RM: To be honest, it’s only very recently that I’ve started reading translation theory or much theory at all. I’ve found it hard to find my way in critical work and kind of avoided it until now. But I’ve started working on a series of essays about translating poetry specifically, and it’s prompted me to read more than I had before. One person who’s been important to my thinking right now is Johannes Göransson, who is a poet and translator from Swedish. He has an incredible book called Transgressive Circulation, which is all about considering poetry a site of anxiety in the U.S. poetic landscape and the idea of the translation of poetry as a process that disrupts all of these precious ideas of ownership, authorship, and exclusivity. He is a major influence on me at the moment, and so is Joyelle McSweeney, who often collaborates with him. I also really love Kate Briggs and her book This Little Art.

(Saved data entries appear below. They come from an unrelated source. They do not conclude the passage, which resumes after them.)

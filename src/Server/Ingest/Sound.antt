-- ===== src/Server/Ingest/Sound.antt =====
-- What no ingest request can break, and what a refused one leaves alone.
use token_usage.Prelude.{
  sum-cases, ◌⊎◌, inl, inr, ℕ, ◌≡◌, ◌≢◌, ◌<◌, refl, List, [], Text, text_eq, take, arith, ◌==◌,
  codes, Option-cases, Bool-cases,
}
use token_usage.Types.{IngestRequest}
use token_usage.Store.Keys.{detail_key_eq, daily_key_eq}
use token_usage.Table.{IsUnique}
use token_usage.Store.Rollup.Run.{IsSound}
use token_usage.Store.Usage.{usage_stream, insert}
use token_usage.Store.Usage.Insert.{insert-IsSound, insert-IsUnique}
use token_usage.Store.Edits.{edit_stream, insert_edits}
use token_usage.Store.Edits.Insert.{insert_edits-IsSound}
use token_usage.Server.Auth.{Resolved, owner, invalid_key, failed, resolve}
use token_usage.Server.Ingest.{
  Database, Request, Circumstances, status, extract_bearer, max_body, store_batch, ingest_body,
  ingest_as, handle_ingest,
}

-- Both pairs of tables are sound, and the daily usage rows have different keys.
pub record AreSound (db : Database) : Type 0 where
  pub usage : IsSound usage_stream db.usage
  pub edits : IsSound edit_stream db.edits
  pub keyed : IsUnique db.usage.daily

module _ (sha256 : Text → List ℕ) (decode : Text → Text ⊎ IngestRequest) (micros : ℕ → ℕ) where
  store_batch-AreSound :
      (e : Circumstances) (user : Text) (req : IngestRequest) (db : Database)
      → AreSound db
      → AreSound (store_batch micros e user req db).1
  unfolding store_batch
  store_batch-AreSound e user req db h =
      let t = insert micros e.now req.machine_id user e.insert_fails req.records db.usage in
      let u =
        insert_edits micros e.now req.machine_id user e.insert_edits_fails req.edits db.edits in
      let first =
        insert-IsSound micros e.now req.machine_id user e.insert_fails req.records db.usage
          h.usage in
      let keyed =
        insert-IsUnique micros e.now req.machine_id user e.insert_fails req.records db.usage
          h.keyed in
      let second =
        insert_edits-IsSound micros e.now req.machine_id user e.insert_edits_fails req.edits
          db.edits h.edits in
      elim (Option-cases t.0) [
        | inl bad ↦ rw (store_batch, bad) (record { usage = first; edits = h.edits; keyed = keyed })
        | inr (c, done) ↦ elim (Option-cases u.0) [
          | inl bad ↦
              rw (store_batch, done, bad) (record { usage = first; edits = second; keyed = keyed })
          | inr (d, done') ↦
              rw (store_batch, done, done')
                (record { usage = first; edits = second; keyed = keyed })
        ]
      ]

  ingest_as-AreSound :
      (e : Circumstances) (known : Resolved) (body : Text) (db : Database)
      → AreSound db
      → AreSound (ingest_as sha256 decode micros e known body db).1
  unfolding ingest_as ingest_body
  ingest_as-AreSound e invalid_key body db h = h
  ingest_as-AreSound e failed body db h = h
  ingest_as-AreSound e (owner user) body db h = elim (sum-cases (decode (take max_body body))) [
    | inl (message, bad) ↦ rw (ingest_body, bad) h
    | inr (req, good) ↦ elim (Bool-cases (req.machine_id == [])) [
      | inl empty ↦ rw (ingest_body, good, empty) h
      | inr named ↦ rw (ingest_body, good, named) (store_batch-AreSound e user req db h)
    ]
  ]

  -- Whatever the request and its answer, the daily tables say what the detail rows sum up to, no id
  -- stands twice, and no two daily usage rows have one key, if this was so before.
  pub handle_ingest-AreSound :
      (e : Circumstances) (r : Request) (db : Database)
      → AreSound db
      → AreSound (handle_ingest sha256 decode micros e r db).1
  unfolding handle_ingest
  handle_ingest-AreSound e r db h =
      let bearer = extract_bearer r.authorization in
      let known = resolve sha256 e.resolve_fails e.now bearer db.accounts.keys in
      let touched : Database = record db { accounts = record db.accounts { keys = known.1 } } in
      let h' : AreSound touched = record { usage = h.usage; edits = h.edits; keyed = h.keyed } in
      elim (Bool-cases (r.method == codes "POST")) [
        | inr other ↦ rw (handle_ingest, other) h
        | inl post ↦ elim (Bool-cases (bearer == [])) [
          | inl missing ↦ rw (handle_ingest, post, missing) h
          | inr given ↦
              rw (handle_ingest, post, given) (ingest_as-AreSound e known.0 r.body touched h')
        ]
      ]

  ingest_as-rejected :
      (e : Circumstances) (known : Resolved) (body : Text) (db : Database)
      → status (ingest_as sha256 decode micros e known body db).0 ≢ 200
      → status (ingest_as sha256 decode micros e known body db).0 < 500
      → (ingest_as sha256 decode micros e known body db).1 ≡ db
  unfolding ingest_as ingest_body store_batch
  ingest_as-rejected e invalid_key body db h h' = refl
  ingest_as-rejected e failed body db h h' = refl
  ingest_as-rejected e (owner user) body db h h' = ground (arith, h, h')

  -- A request that is answered with a status below 500 other than 200 leaves the usage tables and the edit
  -- tables as they were.
  pub handle_ingest-rejected :
      (e : Circumstances) (r : Request) (db : Database)
      → status (handle_ingest sha256 decode micros e r db).0 ≢ 200
      → status (handle_ingest sha256 decode micros e r db).0 < 500
      → ((handle_ingest sha256 decode micros e r db).1.usage ≡ db.usage)
        × ((handle_ingest sha256 decode micros e r db).1.edits ≡ db.edits)
  unfolding handle_ingest
  handle_ingest-rejected e r db h h' =
      let known =
        resolve sha256 e.resolve_fails e.now (extract_bearer r.authorization) db.accounts.keys in
      let touched : Database = record db { accounts = record db.accounts { keys = known.1 } } in
      ground (arith, h, h', ingest_as-rejected e known.0 r.body touched)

AM: I really appreciate the idea of breaking with individual ownership. However, at the same time Ive tried to question it from a queer perspective. For example, me as a queer person, do I really want not to be acknowledged as an author or translator when historically queer authors and translators have been silenced or pushed aside? I think it’s a complex struggle.

RM: Yes, absolutely. I’ve been thinking about this a lot lately as someone who also identifies as queer. For me the idea of breaking with individual authorship is not so much about failing to acknowledge the translator but about opening up many other possibilities of engagement beyond the ways we’re taught to think about, you know, property and propriety and what is endorsed as the way to be, the way to create. It is important to change the way we see the canon as, like, this force of singular endorsement and maybe even consider translation as a role and as a dynamic that keeps changing all the time, something collaborative and even polyamorous.

AM: Exactly, I like that metaphor, because, really to consider the existence of a book as only related to a single author is not true. A book always results from the collaboration of many people. There are authors and translators, of course, but also editors, printers, people who made the paper, designers.

RM: Yes, and translation also makes that multiplicity visible in a way that contrasts with the idea that translation should be invisible.

Robin Myers is a Mexico City-based poet and translator of both poetry and prose. Her latest translations include Copy by Dolores Dorantes (Wave Books), The Dream of Every Cell by Maricela Guerrero (Cardboard House Press), and The Book of Explanations by Tedi López Mills (Deep Vellum Publishing). She is currently working on a book of essays about translating poetry.

Alan Mendoza Sosa holds a BA degree in Comparative Literature in English and Spanish from Brown University, and an MPhil in Latin American Cultural Studies and Comparative Literature from The University of Cambridge. He is an incoming student at Yale University’s PhD in Spanish and Portuguese. He is interested in eighteenth century Hispanic Culture, the Latin American Avant-Gardes, Postcolonial Theory, Queer Studies, and Contemporary Hispanic Literature.